Let the replica run zero-lag for the soak window above (72h staging, 48h canary, 72h production). During the soak:

  • DDL does not replicate. A migration landing on Supabase relays its row changes but not the schema change. Re-run the migrate Job from step 2 (or replay the DDL by hand) against CNPG before the next deploy, and ALTER PUBLICATION tuist_migration ADD TABLE public.<new_table> for any table the migration added (then ALTER SUBSCRIPTION tuist_migration REFRESH PUBLICATION on CNPG).
  • The replication slot pins WAL on Supabase until cutover. If the soak runs long, watch Supabase disk usage; a stalled subscriber lets WAL accumulate.

6. Cutover

Maintenance window required. The flip itself is ~30 seconds — Phoenix briefly returns 503s while the chart switches DATABASE_URL.

bash
# 6a. Set the deployment read-only (post a banner / scale the server to 0
# for harder reads-blocked behavior). For the canonical RFC path, the
# /ops/db page exposes a "Maintenance mode" toggle.

# 6b. Drain Oban jobs. Pause the queues, wait for in-flight jobs to
# settle, then export and re-import to oban_jobs on CNPG.
kubectl -n tuist-$ENV exec deploy/tuist-tuist-server -- \
  /app/bin/tuist eval 'Oban.pause_all_queues(Oban)'

# Wait for `executing` count to reach 0 in /ops/dashboard's Oban tab.

# 6c. Take a final pg_dump of oban_jobs / oban_peers and import.
pg_dump --data-only --table=oban_jobs --table=oban_peers "$SUPA" \
  | kubectl cnpg psql -n tuist-$ENV tuist-tuist-pg -- -d tuist

# 6d. Drop the subscription (it will refuse new writes from Supabase but
# the migration source is paused anyway).
kubectl cnpg psql -n tuist-$ENV tuist-tuist-pg -- -d tuist \
  -c "ALTER SUBSCRIPTION tuist_migration DISABLE;"

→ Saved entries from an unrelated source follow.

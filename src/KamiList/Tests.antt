-- ===== src/KamiList/Tests.antt =====
-- util/list.c: the theorems at a list of three nodes.
use easymesh.KamiList.Remove.Any.{del-Deleted}
use easymesh.KamiList.Ends.{del_head_orphans}
use easymesh.KamiList.Sequence.{item}
use easymesh.KamiList.Remove.{Deleted}
use easymesh.KamiList.Read.{visit-forward}
use easymesh.KamiList.Shape.{IsList, IsNode}
use easymesh.KamiList.Add.{CanAdd, Added, add_tail-Added}
use easymesh.Prelude.Int.{minus_one, pos}
use native.Mathlib.Decide.{ℕ_discrete}
use easymesh.Prelude.{
  ℕ, true, arith, if◌then◌else◌, List, ◌<◌, ◌≢◌, ◌∷◌, [], ltb, refl, length, ◌==◌, ◌≡◌, ◌&&◌, ◌+◌,
}
use easymesh.Prelude.Run.{Ptr, null, done, Returns, and_then}
use easymesh.KamiList.{Store, with_iter, get_iter, add_tail, del, visit, del_head}

-- The list at 100 has the nodes 1, 2 and 3; node 4 is in no list.
abbrev three : Store
three = record {
  node = λ p. record {
    next = if p == 1 then 2 else if p == 2 then 3 else null;
    prev = if p == 2 then 1 else if p == 3 then 2 else null;
    list = if ltb 0 p && ltb p 4 then 100 else null;
    payload = 7;
  };
  header = λ l.
      if l == 100
      then record { head = 1; tail = 3; size = 3 }
      else record { head = null; tail = null; size = 0 };
  live = λ p. ltb 0 p && ltb p 5;
}

abbrev nodes : List Ptr
nodes = 1 ∷ 2 ∷ 3 ∷ []

three-item : (i : ℕ) → i < 3 → item nodes i ≡ i + 1
three-item i b = elim (ℕ_discrete i 0) [
  | yes e ↦ rw e refl
  | no ne ↦ elim (ℕ_discrete i 1) [
    | yes e ↦ rw e refl
    | no ne2 ↦ let e : i ≡ 2 = omega arith in rw e refl
  ]
]

three-IsNode : (i : ℕ) → i < 3 → IsNode three 100 nodes i
three-IsNode i b = elim (ℕ_discrete i 0) [
  | yes e ↦ rw e (record {
    alive = refl;
    real = λ d. absurd (omega (arith, d));
    owned = refl;
    next = refl;
    prev = refl;
  })
  | no ne ↦ elim (ℕ_discrete i 1) [
    | yes e ↦ rw e (record {
      alive = refl;
      real = λ d. absurd (omega (arith, d));
      owned = refl;
      next = refl;
      prev = refl;
    })
    | no ne2 ↦
        let e : i ≡ 2 = omega arith in
        rw e (record {
          alive = refl;
          real = λ d. absurd (omega (arith, d));
          owned = refl;
          next = refl;
          prev = refl;
        })
  ]
]

three-IsList : IsList three 100 nodes
three-IsList = record {
  size = refl;
  head = refl;
  tail = refl;
  nodes = three-IsNode;
  unique = λ i j b c e. omega (arith, e, three-item i b, three-item j c);
}

four-CanAdd : CanAdd three 100 4
four-CanAdd = record {
  place = λ e. absurd (omega (arith, e));
  real = λ e. absurd (omega (arith, e));
  alive = refl;
  apart = λ e. absurd (omega (arith, e));
  room = omega arith;
}

place : 100 ≢ null
place e = omega (arith, e)

add_tail-Added_example :
    Returns (λ r g. (r ≡ pos 0) × Added three 100 nodes (length nodes) 4 g) (add_tail 100 4 three)
add_tail-Added_example = add_tail-Added three-IsList four-CanAdd

del-Deleted_example :
    Returns (λ r g. (r ≡ pos 0) × Deleted three 100 nodes 1 g) (del 100 (item nodes 1) three)
del-Deleted_example = del-Deleted three-IsList place 1 (omega arith)

del_head_orphans_example :
    Returns
      (λ r g. ((g.header 100).head ≡ item nodes 1) × (del 100 (item nodes 1) g ≡ done minus_one g))
      (del_head 100 three)
del_head_orphans_example = del_head_orphans three-IsList place (omega arith) (omega arith)

visit-forward_example :
    and_then (get_iter true 100 true three) (with_iter (visit (length nodes + 1)))
    ≡ done nodes three
visit-forward_example = visit-forward three-IsList true
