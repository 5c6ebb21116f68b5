-- ===== src/Tlv/Fields.antt =====
-- agent/tlv_parser.c: an object that gets its TLVs one after the other.
use easymesh.Prelude.{
  ℕ, some, [], ◌<◌, ◌≡◌, List, true, ◌+◌, length, ◌%◌, leb, arith, take_of_le, refl, le→leb,
}
use easymesh.Prelude.Run.{done}
use easymesh.Tlv.{
  Items, Head, node, end, tlv, object, u16, grow, increment, append_item, create_tlv, join, item_at,
  add_item_to_object, add_tlv_to_object, create_object, object_length,
}

abbrev pub field_head : ℕ → List ℕ → Head
field_head type value = record {
  type = type;
  type_len = 2;
  length = length value;
  obj_type = tlv;
  value = value;
}

abbrev pub object_head : ℕ → Head
object_head n = record { type = 0; type_len = 2; length = n; obj_type = object; value = [] }

pub add_tlv_to_object-added :
    (n : ℕ) (cs : Items) (type : ℕ) (value : List ℕ)
    → length value < 65536
    → add_tlv_to_object true (node (object_head n) cs) [] type (u16 (length value)) value 2
      ≡ done
          (some (
            node
              (object_head (u16 (n + u16 (4 + length value))))
              (append_item cs (node (field_head type value) end))))
          tt
unfolding add_tlv_to_object create_tlv add_item_to_object item_at join increment grow
add_tlv_to_object-added n cs type value small =
    let fit : length value % 65536 ≡ length value = omega (arith, small) in
    let whole : leb (length value) (length value) ≡ true = le→leb _ _ (omega arith) in
    rw (fit, whole, take_of_le (length value) value (omega arith)) refl

pub create_object-empty : create_object true 2 ≡ some (node (object_head 0) end)
unfolding create_object
create_object-empty = refl

pub object_length-object : (n : ℕ) (cs : Items) → object_length (node (object_head n) cs) ≡ n
unfolding object_length
object_length-object n cs = refl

# 6e. Land the cutover PR that flips `postgresql.mode` to `cnpg` in
# the env overlay (`values-managed-$ENV.yaml`). The chart's
# server-deployment / processor-external-secrets / server-migration-job
# templates then inject DATABASE_URL from the CNPG `<cluster>-app`
# Secret and from the `tuist_processor` ESO secret. No change to
# priv/secrets/<env>.yml.enc is needed — the chart env var takes
# precedence over the encrypted-bundle DATABASE_URL.
gh workflow run server-deployment.yml -f environment=$ENV

# 6f. Resume Oban queues.
kubectl -n tuist-$ENV exec deploy/tuist-tuist-server -- \
  /app/bin/tuist eval 'Oban.resume_all_queues(Oban)'

7. Reverse replication for rollback (14 days)

For the next 14 days, replicate CNPG → Supabase so a rollback is a flip of DATABASE_URL back to Supabase, not a multi-hour data-export. Same CREATE PUBLICATION / CREATE SUBSCRIPTION pattern in the opposite direction.

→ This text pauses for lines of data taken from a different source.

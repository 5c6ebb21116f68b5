-- ===== src/Tlv/Print/Printed.antt =====
-- agent/tlv_parser.c: Kami_Tlv_PrintValue writes the byte form of an item.
use easymesh.Prelude.{
  ℕ, List, length, Bool, refl, sym, ◌≡◌, leb, ◌∙◌, inl, take, ◌<◌, true, ◌+◌, ap, inr, arith,
  length-append, ◌++◌, ◌≤◌, ◌∷◌, [],
}
use easymesh.Prelude.Int.{pos}
use easymesh.Prelude.Run.{Returns, returns}
use easymesh.Tlv.{Head, tlv}
use easymesh.Tlv.Encode.{FitsHead, encode_head}
use easymesh.Tlv.Print.{PrintBuffer, int_max, print_tlv, print_header}
use easymesh.Tlv.Print.Write.{Wrote, ensure-done, copy-done, head-done, get_or-append}

pub length-encode_head : (h : Head) → FitsHead h → length (encode_head h) ≡ h.type_len + 2
length-encode_head h v = elim v.width [ inl e ↦ rw e refl | inr e ↦ rw e refl ]

take-length : (xs : List ℕ) → take (length xs) xs ≡ xs
take-length [] = refl
take-length (x ∷ xs) = ap (◌∷◌ x) (take-length xs)

module _ (realloc : ℕ → Bool) (grants : (n : ℕ) → realloc n ≡ true) where
  pub print_header-Wrote :
      (h : Head) (p : PrintBuffer)
      → FitsHead h
      → p.present ≡ true
      → p.offset < p.length
      → h.type_len + 2 + p.offset + 1 ≤ int_max
      → Returns (λ r q. (r ≡ pos 0) × Wrote p (encode_head h) q) (print_header realloc h p)
  unfolding print_header
  print_header-Wrote h p v present room small =
      let (n, grew, fits) = ensure-done realloc (h.type_len + 2) p grants present room small in
      let (e, f, typed, sized, below, at) =
        head-done h (record p { length = n }) v (omega (arith, fits)) in
      let size = length-encode_head h v in
      rw (grew, typed, sized)
        (returns (
          refl,
          record {
            present = present;
            offset = omega (arith, size);
            room = omega (arith, fits);
            below = below;
            written = λ i b. at i (omega (arith, b, size));
          },
        ))

  pub print_tlv-Wrote :
      (h : Head) (p : PrintBuffer)
      → FitsHead h
      → h.obj_type ≡ tlv
      → p.present ≡ true
      → p.offset < p.length
      → h.length + h.type_len + 2 + p.offset + 1 ≤ int_max
      → Returns (λ r q. (r ≡ pos 0) × Wrote p (encode_head h ++ h.value) q) (print_tlv realloc h p)
  unfolding print_tlv
  print_tlv-Wrote h p v kind present room small =
      let (n, grew, fits) =
        ensure-done realloc (h.length + h.type_len + 2) p grants present room small in
      let (e, f, typed, sized, below, at) =
        head-done h (record p { length = n }) v (omega (arith, fits)) in
      let size = length-encode_head h v in
      let whole : take h.length h.value ≡ h.value =
        ap (λ n. take n h.value) (sym (v.value_fits kind)) ∙ take-length h.value in
      let enough : leb h.length (length h.value) ≡ true = ground (arith, v.value_fits kind) in
      let (g, copied, then_at) =
        copy-done h.value (p.offset + h.type_len + 2) (record p { length = n; buffer = f })
          (omega (arith, fits, v.value_fits kind)) in
      rw (grew, enough, typed, sized, whole, copied)
        (returns (
          refl,
          record {
            present = present;
            offset = omega (arith, size, length-append (encode_head h) h.value, v.value_fits kind);
            room = omega (arith, fits);
            below = λ i b. ground (arith, then_at i, below i b);
            written = λ i b. ground (
              arith,
              then_at (p.offset + i),
              at i,
              get_or-append (encode_head h) h.value i,
              size,
              length-append (encode_head h) h.value,
            );
          },
        ))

After 14 days of clean operation, drop the reverse subscription and decommission the Supabase project for that env.

Per-environment soak gates

Before promoting to the next env:

  • pg_stat_subscription.lag stayed at zero for the full soak window.
  • kubectl cnpg status reports Cluster in healthy state and Healthy primary.
  • A restore-validation drill ran successfully against a fresh cluster created from the latest base backup.
  • Phoenix /ready returns 200 from every server pod with the new DATABASE_URL active.

Out of scope

  • ClickHouse migration (planned as follow-on work).
  • Multi-region failover capabilities.
  • Self-hoster single-pod deployments (unchanged — postgresql.mode: embedded remains the supported shape).
  • Schema migration mechanics (existing Ecto flow continues).